Floods are the most common and costly natural disaster in the United States. Consequently, property owners who live in communities participating in the NFIP can purchase a policy for their property to insure it against flood losses.
The NFIP is a federal program enabling property owners in participating communities to purchase flood insurance as protection against flood losses, while requiring state and local governments to enforce floodplain management ordinances that reduce future flood damage.
Direct physical damage to buildings or personal property by flood is generally covered under a flood insurance policy.
Source: NFIP Fact Sheet, by Federal Emergency Management Agency (FEMA).
Term Life Insurance provides life insurance protection for a specified period of time. Term life is sometimes convertible. Term insurance provides protection for a defined period of time and pays benefits only if death occurs during that period.
Whole Life Insurance is a form of permanent life insurance that can remain in force for your entire lifetime. Whole life (ordinary life) is the most traditional type of cash value insurance. Generally premiums and death benefits stay the same over the life of the policy. The policy’s cash value grows at a fixed rate.
Universal Life Insurance is a form of permanent life insurance characterized by its flexible premiums and face amounts. Universal life gives you flexibility in setting premium payments, underlying investment options (variable life insurance), and the death benefit.
For More Information: Life Insurance and Annuities, by FL Dept. of Financial Services.
Personal Umbrella Policy
An umbrella policy provides additional coverage or “excess liability” above the limits of your basic policies.

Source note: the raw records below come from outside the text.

-- ===== src/Routing/Logic.antt =====
-- services/routing/logic.py: the tier of a verified plan, its parts, their approvers and deadlines.
-- Instants are microseconds. The hash of a plan, the identifier and the sample number of a part,
-- the day of an instant and the length of a number of hours are parameters: they are SHA-256 and
-- Python's clock arithmetic.
pub mod Approvers
use aera_be.Prelude.{
  String, str_eq, contains, codes, ℕ, ◌*◌, ◌^◌, ◌/◌, ◌%◌, ◌+◌, ◌==◌, Bool, true, false, not, ◌&&◌,
  ◌||◌, Option, none, some, List, [], ◌∷◌, ◌++◌, map, all, any, leb, ltb, length, if◌then◌else◌,
}
use aera_be.Prelude.Int.{ℤ, pos, negsuc, ◌+ℤ◌, ◌-ℤ◌, leb_ℤ, ltb_ℤ, eq_ℤ, sum_ℤ}
use aera_be.Prelude.Decimal.{Decimal, natural}
use aera_be.Verify.{
  Plan, PlanOption, Check, PlanRecord, OptionEvidence, Verification, Fraction, Value,
  confidence_for, is_reversible, valid, finite, within_one, million,
}

pub record Policy : Type 0 where
  pub auto_limit : Decimal
  pub confidence_min : Decimal
  pub audit_share : Decimal
  pub approval_window : ℤ
  pub kill_switch : Bool
  pub limit_hit : Bool

pub record Part : Type 0 where
  pub id : String
  pub options : List String
  pub tier : ℕ
  pub cost : ℤ
  pub confidence : Fraction
  pub sampled : Bool
  pub approver : Option String
  pub backup : Option String
  pub deadline : Option ℤ
  pub reminder : Option ℤ

pub data Reason : Type 0 where
  kill_switch_on run_limit stale_verification incomplete_verification : Reason
  blocking_check low_confidence no_sufficient_approver : Reason

pub record Route : Type 0 where
  pub tier : ℕ
  pub version_hash : String
  pub parts : List Part
  pub reason : Option Reason

-- A route, or an exception.
pub data Routed : Type 0 where
  routed : Route → Routed
  value_error key_error : Routed

-- `ApproverLimit`; the days are numbered.
pub record ApproverLimit : Type 0 where
  pub user_id : String
  pub plant : String
  pub limit_usd : ℤ
  pub valid_from : ℤ
  pub valid_to : ℤ

-- Python's order of texts: by code points.
unfoldable pub text_le : List ℕ → List ℕ → Bool
text_le [] t = true
text_le (c ∷ s) [] = false
text_le (c ∷ s) (d ∷ t) = let rest = text_le s t in ltb c d || (c == d && rest)

-- The order of the keys `(limit_usd, user_id)`.
unfoldable pub limit_le : ApproverLimit → ApproverLimit → Bool
unfolding text_le
limit_le a b =
    ltb_ℤ a.limit_usd b.limit_usd
    || (eq_ℤ a.limit_usd b.limit_usd && text_le (codes a.user_id) (codes b.user_id))

abbrev pub qualifies : String → ℤ → ℤ → ApproverLimit → Bool
qualifies plant cost today l =
    str_eq l.plant plant
    && leb_ℤ l.valid_from today
    && leb_ℤ today l.valid_to
    && leb_ℤ (pos 0) l.limit_usd
    && leb_ℤ cost l.limit_usd

-- A stable sort by that order.
unfoldable pub insert_limit : ApproverLimit → List ApproverLimit → List ApproverLimit
unfolding limit_le
insert_limit x [] = x ∷ []
insert_limit x (y ∷ ys) =
    let rest = insert_limit x ys in if limit_le x y then x ∷ y ∷ ys else y ∷ rest

unfoldable pub eligible : List ApproverLimit → String → ℤ → ℤ → List ApproverLimit
unfolding insert_limit
eligible [] plant cost today = []
eligible (l ∷ ls) plant cost today =
    let rest = eligible ls plant cost today in
    if qualifies plant cost today l then insert_limit l rest else rest

-- A chosen option with its evidence.
pub record Pick : Type 0 where
  pub option : PlanOption
  pub evidence : OptionEvidence

unfoldable pub find_option : List PlanOption → String → Option PlanOption
find_option [] id = none
find_option (o ∷ os) id =
    let later = find_option os id in
    elim later [ some p ↦ some p | none ↦ if str_eq o.id id then some o else none ]

abbrev pub ids : List Pick → List String
ids ps = map (λ p. p.option.id) ps

abbrev pub cost_of : List Pick → ℤ
cost_of ps = sum_ℤ (λ p. p.option.cost_usd) ps

abbrev pub coverage_of : List Pick → ℤ
coverage_of ps = sum_ℤ (λ p. p.option.coverage_units) ps

abbrev pub is_empty {ℓ} : {A : Type ℓ} → List A → Bool
is_empty [] = true
is_empty (a ∷ rest) = false

-- `combinations(xs, n)`
unfoldable pub combinations : ℕ → List Pick → List (List Pick)
combinations ℕ.zero xs = [] ∷ []
combinations (ℕ.suc n) [] = []
combinations (ℕ.suc n) (x ∷ xs) = map (λ c. x ∷ c) (combinations n xs) ++ combinations (ℕ.suc n) xs

-- The subsets of sizes 1 to `n`, the smaller first.
unfoldable pub up_to : ℕ → List Pick → List (List Pick)
unfolding combinations
up_to ℕ.zero xs = []
up_to (ℕ.suc n) xs = up_to n xs ++ combinations (ℕ.suc n) xs

-- The keys `(coverage, ids)`: `b` comes strictly after `a`.
unfoldable pub ids_lt : List String → List String → Bool
unfolding text_le
ids_lt xs [] = false
ids_lt [] (y ∷ ys) = true
ids_lt (x ∷ xs) (y ∷ ys) =
    let rest = ids_lt xs ys in if str_eq x y then rest else text_le (codes x) (codes y)

unfoldable pub better : List Pick → List Pick → Bool
unfolding ids_lt
better a b =
    ltb_ℤ (coverage_of a) (coverage_of b)
    || (eq_ℤ (coverage_of a) (coverage_of b) && ids_lt (ids a) (ids b))

-- `max`: the first of the greatest.
unfoldable pub best_from : List Pick → List (List Pick) → List Pick
unfolding better
best_from best [] = best
best_from best (c ∷ cs) = if better best c then best_from c cs else best_from best cs

unfoldable pub satisfying : (List Pick → Bool) → List (List Pick) → List (List Pick)
satisfying p [] = []
satisfying p (c ∷ cs) = let rest = satisfying p cs in if p c then c ∷ rest else rest

abbrev pub min_ℤ : ℤ → ℤ → ℤ
min_ℤ a b = if leb_ℤ b a then b else a

abbrev pub minimum : ℤ → List ℤ → ℤ
minimum a [] = a
minimum a (b ∷ bs) = minimum (min_ℤ a b) bs

-- Half of a length of time, to the even microsecond.
abbrev half_up : ℕ → ℕ
half_up n = let q = n / 2 in if n % 2 == 0 then q else if q % 2 == 0 then q else q + 1

abbrev pub half : ℤ → ℤ
half (pos n) = pos (half_up n)
half (negsuc n) = pos 0 -ℤ pos (half_up (n + 1))

-- `share < limit` for a fraction of 2^64 and a share in millionths.
abbrev pub below_share : ℕ → Decimal → Bool
below_share n d = elim (natural d) [ none ↦ false | some s ↦ ltb (n * million) (s * 2 ^ 64) ]

abbrev pub reaches : Fraction → Decimal → Bool
reaches f d = elim (natural d) [ none ↦ false | some m ↦ leb (m * f.den) (f.num * million) ]

-- The thirteen `CHECK_IDS`.
abbrev pub check_ids : List String
check_ids =
    "V-01" ∷ "V-02" ∷ "V-03" ∷ "V-04" ∷ "V-05" ∷ "V-06" ∷ "V-07" ∷ "V-08" ∷ "V-09" ∷ "V-10" ∷ "V-11"
    ∷ "V-12" ∷ "V-13" ∷ []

Your umbrella insurance can come into play if you are found liable and need to pay damages, or if you are sued and need to pay for your legal defense – even if the result is that you are not found to be responsible.
An umbrella policy only pays once your basic liability limits have been exhausted or the claim is excluded from the basic liability coverage. The claim will be made against you, the policyholder, on behalf of the wronged party. Then your insurance company may pay the settlement amount up to the limits of your coverage. If the settlement amount exceeds your coverage limits, you are responsible for paying the remaining amount out of pocket.